REBOCATO MONAGUILLO (1ª Parte )




              REBOCATO MONAGUILLO (PARTE )     
    
      Muchos años ha, nuestro amigo Rebocato se encontró en la disyuntiva de elegir entre el cobrar por parte de nuestro labriego castellanoviejo, o cobrar por el cura, es decir, si los domingos y fiestas de guardar no asistía al Oficio de la Santa Misa, bien a la Misa Pequeña (Misa rezada, en la que solo se encendían dos velas en el altar mayor y no se utilizaba el incensario), bien a la Misa Mayor (Misa Cantada en la que se encendían cuatro velas en el altar mayor y se usaba el incensario, en el cual se introducía una pastilla de carbón encendida y se le alimentaba con el incienso contenido en la naveta y servido, hacia el interior de aquel, con una cucharilla, lo que provocaba una pequeña humareda aromática), nuestro labriego le atizaba unos cuantos mosconazos, como mal menor. Debido a esto, Rebocato, optó por ejercer de monaguillo en la parroquia y, de esta manera, asistir a ayudar a misa con lo cual recibía por salario –por parte del cura– una peseta los domingos y festivos, y una perra gorda los días laborables de lunes a sábado, ambos inclusive.


       Como el sueldo no era muy boyante que digamos, un día a uno de los monaguillos se le ocurrió la idea de distraer algunas perras gordas de la cesta de la petición de dinero que se hacía a los feligreses durante la celebración de la misa.  Cada día pasaba la cesta un monaguillo y entre todos decidieron que al acabar con la petición, dejar la cesta dentro de la sacristía ya que, allí estaba alejada de la vista de todo el mundo (aunque no  los ojos de Dios que todo lo ve), hasta de la del cura que continuaba oficiando impávidamente, y así poder apoderarse de algunas monedas sin testigo alguno.

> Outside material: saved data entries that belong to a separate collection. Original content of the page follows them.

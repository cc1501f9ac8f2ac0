-- ===== src/TgEscape/Readable.antt =====
-- What Telegram reads in the texts that src/templates/tg_escape.rs escapes. Telegram is a parameter: what
-- its documentation says of the reading of MarkdownV2.
use Prim.Native.Char.{code, Char}
use Prim.Native.String.{String}
use geodineum_comms.Prelude.{
  ℕ, ◌≡◌, ◌≤◌, ap, ◌∙◌, Bool, true, false, not, Bool-cases, inl, inr, Option, none, some, eqb,
  arith, any, [], ◌∷◌,
}
use geodineum_comms.Prelude.Chars.{all_codes}
use geodineum_comms.TgEscape.{is_special, escape_markdown_v2}

-- The characters of which Telegram's documentation says that they must be escaped.
unfoldable pub is_reserved : ℕ → Bool
is_reserved c =
    any (λ k. eqb k c)
      (95 ∷ 42 ∷ 91 ∷ 93 ∷ 40 ∷ 41 ∷ 126 ∷ 96 ∷ 62 ∷ 35 ∷ 43 ∷ 45 ∷ 61 ∷ 124 ∷ 123 ∷ 125 ∷ 46 ∷ 33
        ∷ [])

abbrev pub cons : Char → Option String → Option String
cons c none = none
cons c (some s) = some (String.◌∷◌ c s)

-- What is documented of the reading of a message; `none` is a message with markup or an error.
pub record IsReader (read : String → Option String) : Type 0 where
  pub empty : read "" ≡ some ""
  pub plain :
      (c : Char) (s : String)
      → is_reserved (code c) ≡ false
      → eqb (code c) b'\\' ≡ false
      → read (String.◌∷◌ c s) ≡ cons c (read s)
  pub escaped :
      (c : Char) (s : String)
      → 1 ≤ code c
      → code c ≤ 126
      → read (String.◌∷◌ "\\" (String.◌∷◌ c s)) ≡ cons c (read s)

abbrev pub no_backslash : ℕ → Bool
no_backslash c = not (eqb c b'\\')

-- What is escaped may be, and what is not need not be.
special_range : (c : ℕ) → is_special c ≡ true → (1 ≤ c) × (c ≤ 126)
unfolding is_special
special_range c h = ground arith

plain_unreserved : (c : ℕ) → is_special c ≡ false → is_reserved c ≡ false
unfolding is_special is_reserved
plain_unreserved c h = h

plain_first :
    (c : Char) (s : String)
    → all_codes no_backslash (String.◌∷◌ c s) ≡ true
    → (eqb (code c) b'\\' ≡ false) × (all_codes no_backslash s ≡ true)
plain_first c s h = ground arith

module _ (read : String → Option String) (reader : IsReader read) where
  read_one :
      (c : Char) (s : String)
      → eqb (code c) b'\\' ≡ false
      → read (escape_markdown_v2 (String.◌∷◌ c s)) ≡ cons c (read (escape_markdown_v2 s))
  unfolding escape_markdown_v2
  read_one c s k = elim (Bool-cases (is_special (code c))) [
    | inl h ↦
        let (low, high) = special_range (code c) h in
        rw h (reader.escaped c (escape_markdown_v2 s) low high)
    | inr h ↦ rw h (reader.plain c (escape_markdown_v2 s) (plain_unreserved (code c) h) k)
  ]

  -- If Telegram reads MarkdownV2 as documented, it reads an escaped text as the text itself, where that
  -- has no backslash.
  pub escape_markdown_v2_readable :
      (s : String) → all_codes no_backslash s ≡ true → read (escape_markdown_v2 s) ≡ some s
  escape_markdown_v2_readable String.[] h = unfold escape_markdown_v2 in reader.empty
  escape_markdown_v2_readable (String.◌∷◌ c s) h =
      let (k, hs) = plain_first c s h in
      read_one c s k ∙ ap (cons c) (escape_markdown_v2_readable s hs)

       Durante un tiempo nuestros audaces monaguillos estuvieron mangando perras gordas impunemente, hasta que un día, el sacerdote, que ya andaba con la mosca tras la oreja dado que la recaudación cada día era más mermante, les ordenó a sus acólitos que al finalizar la petición, la cestilla de las monedas la dejaran a la vista, a un lado del altar mayor donde se estaba oficiando la misa, con lo que la trama se vino abajo aunque sin juicio alguno (ignoramos si el Bárcenas y otros muchos políticos nuestros actuales ejercieron de monaguillos en su día) para los pseudo obispillos apandadores.

       El Convenio de los monaguillos con el Cura incluía, también, el asistir a los rosarios y novenas todos los días de la semana, con lo cual, en ello consumía Rebocato el poco tiempo libre que le quedaba a lo largo del día, después de asistir a la escuela pública, echar de comer a los bichos de las cuadras y corrales, hacer deberes, etc.

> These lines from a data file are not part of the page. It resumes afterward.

-- ===== src/Examples/Deletion.antt =====
-- The results on the cleanup and on the texts that are sent at concrete inputs.
use Prim.Native.String.{String}
use geodineum_comms.Prelude.{
  ◌≡◌, refl, false, Option, ◌||◌, eqb, if◌then◌else◌, none, some, [], ◌∷◌,
}
use geodineum_comms.Prelude.Dict.{lookup, contains_key, UniqueKeys}
use geodineum_comms.Archive.{Row, Table, pending, sent}
use geodineum_comms.Cleanup.{Site, default_config}
use geodineum_comms.Cleanup.Sites.{cleanup_site, delete_by_count, delete_by_size}
use geodineum_comms.Cleanup.Totals.{AddsUp, cleanup_site-AddsUp}
use geodineum_comms.Cleanup.Kept.{delete_by_limits_active}
use geodineum_comms.Prelude.{arith}
use geodineum_comms.Errors.{scrub_from, scrub_bot_token}
use geodineum_comms.Errors.Rounds.{scrub_bot_token_ends}
use Prim.Native.Char.{code, Char}
use geodineum_comms.TgEscape.{escape_markdown_v2}
use geodineum_comms.TgEscape.Readable.{is_reserved, cons, IsReader, escape_markdown_v2_readable}

abbrev done_row : Row
done_row = record {
  stream_id = "1-0";
  environment = "production";
  message_type = "contact";
  priority = 3;
  status = sent;
  attempts = 1;
  channel_results = [];
  received_at = "2025-01-01T00:00:00Z";
  updated_at = "2025-01-01T00:00:00Z";
  completed_at = none;
}

abbrev waiting_row : Row
waiting_row = record done_row { status = pending; received_at = "2024-01-01T00:00:00Z" }

abbrev rows : Table
rows = ("m1", waiting_row) ∷ ("m2", done_row) ∷ ("m3", done_row) ∷ []

rows_unique : UniqueKeys rows
unfolding contains_key lookup
rows_unique = (refl, (refl, (refl, tt)))

abbrev site : Site
site = record {
  pool_error = none;
  error = λ step. none;
  vacuum_error = none;
  cutoff = λ days. "2025-06-01T00:00:00Z";
  size_at_start = some 4_096;
  size_now = some 4_096;
  size_at_end = some 2_048;
  json_length = λ row. 100;
}

cleanup_site-AddsUp_example : AddsUp rows (cleanup_site site default_config rows)
cleanup_site-AddsUp_example = cleanup_site-AddsUp site default_config rows

waiting_there : lookup "m1" rows ≡ some waiting_row
unfolding lookup
waiting_there = refl

delete_by_limits_active_example :
    (lookup "m1" (delete_by_count site 1 1 rows).0 ≡ some waiting_row)
    × (lookup "m1" (delete_by_size site 1_000 1 rows).0 ≡ some waiting_row)
delete_by_limits_active_example =
    delete_by_limits_active site rows rows_unique 1 1_000 1 "m1" waiting_row waiting_there refl

-- A reader of plain text that takes no markup.
unfoldable read_plain : String → Option String
read_plain String.[] = some ""
read_plain (String.◌∷◌ c String.[]) =
    if is_reserved (code c) || eqb (code c) b'\\' then none else some (String.◌∷◌ c "")
read_plain (String.◌∷◌ c (String.◌∷◌ d s)) =
    let behind = read_plain (String.◌∷◌ d s) in
    let escaped = read_plain s in
    if is_reserved (code c)
    then none
    else if eqb (code c) b'\\'
    then cons d escaped
    else cons c behind

reads_plain :
    (c : Char) (s : String)
    → is_reserved (code c) ≡ false
    → eqb (code c) b'\\' ≡ false
    → read_plain (String.◌∷◌ c s) ≡ cons c (read_plain s)
unfolding read_plain
reads_plain c String.[] h k = simp (h, k) refl
reads_plain c (String.◌∷◌ d s) h k = simp (h, k) refl

read_plain-IsReader : IsReader read_plain
unfolding read_plain is_reserved
read_plain-IsReader = record {
  empty = refl;
  plain = λ c s h k. reads_plain c s h k;
  escaped = λ c s low high. refl;
}

escape_markdown_v2_readable_example :
    read_plain (escape_markdown_v2 "[shop] 1.5") ≡ some "[shop] 1.5"
escape_markdown_v2_readable_example =
    escape_markdown_v2_readable read_plain read_plain-IsReader "[shop] 1.5" refl

scrub_bot_token_ends_example :
    scrub_from 100 "https://api.test/bot12:ab/x" ≡ scrub_bot_token "https://api.test/bot12:ab/x"
scrub_bot_token_ends_example = scrub_bot_token_ends "https://api.test/bot12:ab/x" 100 (omega arith)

    Vamos, que el día aunque le cundía a nuestro amigo, no disponía de excesivo tiempo libre que dedicar al ocio y a la holganza. Está escrito: < el ocio es la fuente de todos los  vicios >.



          Pie de foto.-   Tal que así era el traje de monaguillo –sin tanta puntilla ni lazo alguno– que utilizó Rebocato cuando ayudaba a misa en domingos y fiestas de guardar. El traje de la foto debe de ser el de un acólito de catedral, al menos.



     Una de las cosas que le llamaba la atención a Rebocato  eran los excesivos viajes que hacía el párroco al obispado de la capital de provincia algunos días laborables después de la misa. El  eclesiástico disponía de un Seat 600, lo cual no era moco de pavo ya que, en aquel entonces, en nuestro pueblo castellanoviejo, solo existía otro automóvil: el del practicante. Ni el boticario disponía de uno, ni tan siquiera el bondadoso médico cojitranco de iguala que simplemente disponía de una bicicleta para sus visitas a los pacientes postrados en sus lechos de dolor, lo cual era un agravio comparativo con respecto al practicante.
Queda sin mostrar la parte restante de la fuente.